すると未夢はどこからか、救急箱をを取だした、
「ちょっとみせてね。」
と、彷徨の手をとり指をながめた未夢は
ペロリとなめた。
「/////////////////////////////////」
隠し切れない動揺が彷徨を襲った。
未夢はそれにきづかづ手当てを続けた。
「よかった傷は浅いみたい。これならバンドエイドで大丈夫ね」
といって、ピッと彷徨の人差し指にバンドエイドをはった。
「彷徨。あたしもやっぱてつだうよ。ん?あれ?どうしたの彷徨?顔真っ赤だよ??熱でもあるんじゃなぁい??」
そう言って、彷徨のおでこに未夢は自分のおでこをあてる。
「っ!!!!」
かああぁぁぁぁと彷徨のかおが赤くなる。
「やっぱり熱いよ!!熱あるでしょ??彷徨休んでなよ
あたしが調理作ったげるからサ。」
−ちょうどいいから休もう−
と彷徨は思った。 が
「未夢。
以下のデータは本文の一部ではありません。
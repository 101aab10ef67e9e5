-- ===== src/Breaker/Probe.antt =====
-- The half-open circuit: one probe at a time, how it ends, and what a refusal says.
use sanare_agent_core.Base.{
  ℕ, ◌+◌, ◌-◌, ◌<◌, String, Bool, ◌≡◌, ◌≢◌, refl, ◌∙◌, true, false, not, ◌&&◌, ltb, ◌==◌, Option,
  none, some, List, [], ◌∷◌, arith, str_eq, eq_iff, subst, &&-true, not-true,
}
use sanare_agent_core.Base.Dict.{get-put}
use sanare_agent_core.Breaker.{
  Breaker, Connection, reset, cooldown, probe_limit, probing, failed, opens, or_fresh, remaining,
  open_remaining, open_remaining_of, admit, admit_of, admit_half_open, record_transient_failure,
  release_probe,
}
use sanare_agent_core.Breaker.Events.{
  Event, admitted, succeeded, failed_at, released, step, run, entry, next_entry, entry-step,
  entry-step_self,
}
use sanare_agent_core.Breaker.Invariant.{IsSound, SoundEntry, reachable-AllSound}

open_remaining_of-eq-admit_of :
    (now : ℕ) (c : String) (b : Breaker) (o : Option Connection)
    → open_remaining_of now o ≡ (admit_of now c b o).0.0
unfolding open_remaining_of remaining admit_of admit_half_open
open_remaining_of-eq-admit_of now c b none = refl
open_remaining_of-eq-admit_of now c b (some s) = ground arith

-- The pure read reports exactly the refusal, with its seconds, that an admission would give.
pub open_remaining-eq-admit :
    (now : ℕ) (c : String) (b : Breaker) → open_remaining now c b ≡ (admit now c b).0.0
unfolding open_remaining admit
open_remaining-eq-admit now c b = open_remaining_of-eq-admit_of now c b (entry c b)

-- What an admission answers depends on the connection's own entry.
pub admit-entry :
    (now : ℕ) (c : String) (b : Breaker) (s : Connection)
    → entry c b ≡ some s
    → (admit now c b).0 ≡ (admit_of now c b (some s)).0
unfolding admit
admit-entry now c b s h = rw h

grant_of-entry :
    (now : ℕ) (c : String) (b : Breaker) (o : Option Connection) {token : ℕ}
    → (admit_of now c b o).0 ≡ (none, token)
    → token ≢ 0
    → entry c (admit_of now c b o).1 ≡ some (probing now token)
unfolding admit_of admit_half_open
grant_of-entry now c b none h t = ground arith
grant_of-entry now c b (some s) h t =
    ground (arith, get-put c c (probing now (b.token_seq + 1)) b.connections, eq_iff c c)

-- The one way to be given a token leaves the connection probing under that token.
pub grant-entry :
    (now : ℕ) (c : String) (b : Breaker) {token : ℕ}
    → (admit now c b).0 ≡ (none, token)
    → token ≢ 0
    → entry c (admit now c b).1 ≡ some (probing now token)
unfolding admit
grant-entry now c b h t = grant_of-entry now c b (entry c b) h t

-- The events that can end the probe which holds `token` until `limit`.
pub ends_probe : String → ℕ → ℕ → Event → Bool
ends_probe c token limit (admitted now d) = str_eq d c && not (ltb now limit)
ends_probe c token limit (succeeded d) = str_eq d c
ends_probe c token limit (failed_at now d) = str_eq d c
ends_probe c token limit (released d t) = str_eq d c && t == token

unfoldable pub none_ends : String → ℕ → ℕ → List Event → Bool
unfolding ends_probe
none_ends c token limit [] = true
none_ends c token limit (e ∷ es) = not (ends_probe c token limit e) && none_ends c token limit es

module _ (c : String) (now token : ℕ) where
  step-probing :
      (e : Event) (b : Breaker)
      → entry c b ≡ some (probing now token)
      → ends_probe c token (now + probe_limit) e ≡ false
      → entry c (step e b) ≡ some (probing now token)
  unfolding ends_probe next_entry
  step-probing (admitted m d) b h q = ground (arith, entry-step (admitted m d) c b)
  step-probing (succeeded d) b h q = ground (arith, entry-step (succeeded d) c b)
  step-probing (failed_at m d) b h q = ground (arith, entry-step (failed_at m d) c b)
  step-probing (released d t) b h q = ground (arith, entry-step (released d t) c b)

  run-probing :
      (es : List Event) (b : Breaker)
      → entry c b ≡ some (probing now token)
      → none_ends c token (now + probe_limit) es ≡ true
      → entry c (run es b) ≡ some (probing now token)
  unfolding run none_ends
  run-probing [] b h q = h
  run-probing (e ∷ es) b h q =
      let (kept, rest) = &&-true (not (ends_probe c token (now + probe_limit) e)) _ q in
      run-probing es (step e b) (step-probing e b h (not-true kept)) rest

admit-probing :
    (now m token : ℕ) (c : String) (b : Breaker)
    → m < now + probe_limit
    → (admit_of m c b (some (probing now token))).0 ≡ (some (now + probe_limit - m), 0)
unfolding admit_of admit_half_open
admit-probing now m token c b h = ground arith

-- While a probe runs no other call of its connection is admitted: after an admission that gave a
-- token at `now`, and any events that do not end that probe, every admission of the connection
-- before `now + probe_limit` is refused with the time that is left.
pub probe_exclusive :
    (now m token : ℕ) (c : String) (b : Breaker) (es : List Event)
    → (admit now c b).0 ≡ (none, token)
    → token ≢ 0
    → none_ends c token (now + probe_limit) es ≡ true
    → m < now + probe_limit
    → (admit m c (run es (admit now c b).1)).0 ≡ (some (now + probe_limit - m), 0)
probe_exclusive now m token c b es given t quiet early =
    admit-entry m c (run es (admit now c b).1) (probing now token)
      (run-probing c now token es (admit now c b).1 (grant-entry now c b given t) quiet)
    ∙ admit-probing now m token c (run es (admit now c b).1) early

failed-remaining :
    (now m : ℕ) (c : String) (b : Breaker) (s : Connection)
    → s.failures ≡ 2
    → s.open_until ≡ 0
    → m < now + cooldown
    → (opens s ≡ true) × ((admit_of m c b (some (failed now s))).0 ≡ (some (now + cooldown - m), 0))
unfolding admit_of admit_half_open failed
failed-remaining now m c b s f o early = (ground arith, ground arith)

entry-record_transient_failure :
    (now : ℕ) (c : String) (b : Breaker) (s : Connection)
    → entry c b ≡ some s
    → entry c (record_transient_failure now c b).1 ≡ some (failed now s)
unfolding record_transient_failure or_fresh
entry-record_transient_failure now c b s h =
    rw h (ground (arith, get-put c c (failed now s) b.connections, eq_iff c c))

opened-record_transient_failure :
    (now : ℕ) (c : String) (b : Breaker) (s : Connection)
    → entry c b ≡ some s
    → (record_transient_failure now c b).0 ≡ opens s
unfolding record_transient_failure or_fresh
opened-record_transient_failure now c b s h = rw h

-- One failed probe reopens the circuit. In every state that is reached from an empty table, a
-- transient failure of a connection whose probe is running reports that the circuit has just
-- opened, and until `now + cooldown` every admission is refused with the time that is left.
pub probe_failure_reopens :
    (es : List Event) (b : Breaker) (c : String) (s : Connection) (now m : ℕ)
    → entry c (run es (reset b)) ≡ some s
    → s.probe_until ≢ 0
    → m < now + cooldown
    → ((record_transient_failure now c (run es (reset b))).0 ≡ true)
      × ((admit m c (record_transient_failure now c (run es (reset b))).1).0
          ≡ (some (now + cooldown - m), 0))
probe_failure_reopens es b c s now m h p early =
    let sound : IsSound (run es (reset b)).token_seq s =
      subst (SoundEntry (run es (reset b)).token_seq) h (reachable-AllSound es b c) in
    let after = (record_transient_failure now c (run es (reset b))).1 in
    let (opened, refused) =
      failed-remaining now m c after s (sound.probe_failures p) (sound.probe_closed p) early in
    (
      opened-record_transient_failure now c (run es (reset b)) s h ∙ opened,
      admit-entry m c after (failed now s)
            (entry-record_transient_failure now c (run es (reset b)) s h)
          ∙ refused,
    )

entry-release :
    (c : String) (t : ℕ) (b : Breaker) (s : Connection)
    → entry c b ≡ some s
    → entry c (release_probe c t b) ≡ next_entry (released c t) b.token_seq (some s)
unfolding step
entry-release c t b s h =
    subst (λ o. entry c (release_probe c t b) ≡ next_entry (released c t) b.token_seq o) h
      (entry-step_self (released c t) c b ((eq_iff c c).1 refl))

release_other :
    (c : String) (t seq : ℕ) (s : Connection)
    → t ≢ s.probe_token
    → next_entry (released c t) seq (some s) ≡ some s
unfolding next_entry
release_other c t seq s h = ground arith

release_own :
    (c : String) (seq : ℕ) (s : Connection)
    → s.probe_token ≢ 0
    → next_entry (released c s.probe_token) seq (some s)
      ≡ some (record s { probe_until = 0; probe_token = 0 })
unfolding next_entry
release_own c seq s h = ground arith

abbrev released_probe : ℕ → ℕ → Connection
released_probe now token = record (probing now token) { probe_until = 0; probe_token = 0 }

opens-released : (now token : ℕ) → opens (released_probe now token) ≡ true
unfolding opens
opens-released now token = refl

admit_released :
    (now m token : ℕ) (c : String) (b : Breaker)
    → (admit_of m c b (some (released_probe now token))).0 ≡ (none, 0)
unfolding admit_of admit_half_open
admit_released now m token c b = ground arith

-- Only the owner of a probe can release it. Right after an admission that gave `token`, a release
-- under any other token leaves the connection probing; a release under `token` lets every later
-- caller in without a token, and the next transient failure still opens the circuit.
pub release_owner :
    (now : ℕ) (token t m : ℕ) (c : String) (b : Breaker)
    → (admit now c b).0 ≡ (none, token)
    → token ≢ 0
    → (t ≢ token → entry c (release_probe c t (admit now c b).1) ≡ some (probing now token))
      × ((admit m c (release_probe c token (admit now c b).1)).0 ≡ (none, 0))
      × ((record_transient_failure m c (release_probe c token (admit now c b).1)).0 ≡ true)
release_owner now token t m c b given pos =
    let b' = (admit now c b).1 in
    let at : entry c b' ≡ some (probing now token) = grant-entry now c b given pos in
    let freed : entry c (release_probe c token b') ≡ some (released_probe now token) =
      entry-release c token b' (probing now token) at
      ∙ release_own c b'.token_seq (probing now token) pos in
    (
      λ other.
          entry-release c t b' (probing now token) at
          ∙ release_other c t b'.token_seq (probing now token) other,
      admit-entry m c (release_probe c token b') (released_probe now token) freed
          ∙ admit_released now m token c (release_probe c token b'),
      opened-record_transient_failure m c (release_probe c token b') (released_probe now token)
            freed
          ∙ opens-released now token,
    )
おまえ料理なんて出来んのか?」
そう未夢は料理が下手。だから、休みたくても休めない。
「あー。ひどいなぁ!!あれからあたしだってけっこう料理勉強したんだよ!!彷徨はどうまくはないけど。大丈夫だよ!!」
「ん。じゃ、やすませてもらうわ。
熱なんてあったとしてもすぐ直るから」
ーだって、『恋』の微熱ってやつだからな。ー
「ならいいけど、体は大事にしてよ。」
−なんでこいつはあんなことしてへーキなんだ?
俺なんて対象外。ってか?−
いやちがう。たしかに未夢は彷徨をとても気にしている。
けれども、未夢の性格を考えよう。
未夢はとても鈍感なのだ。しかもド級の だ。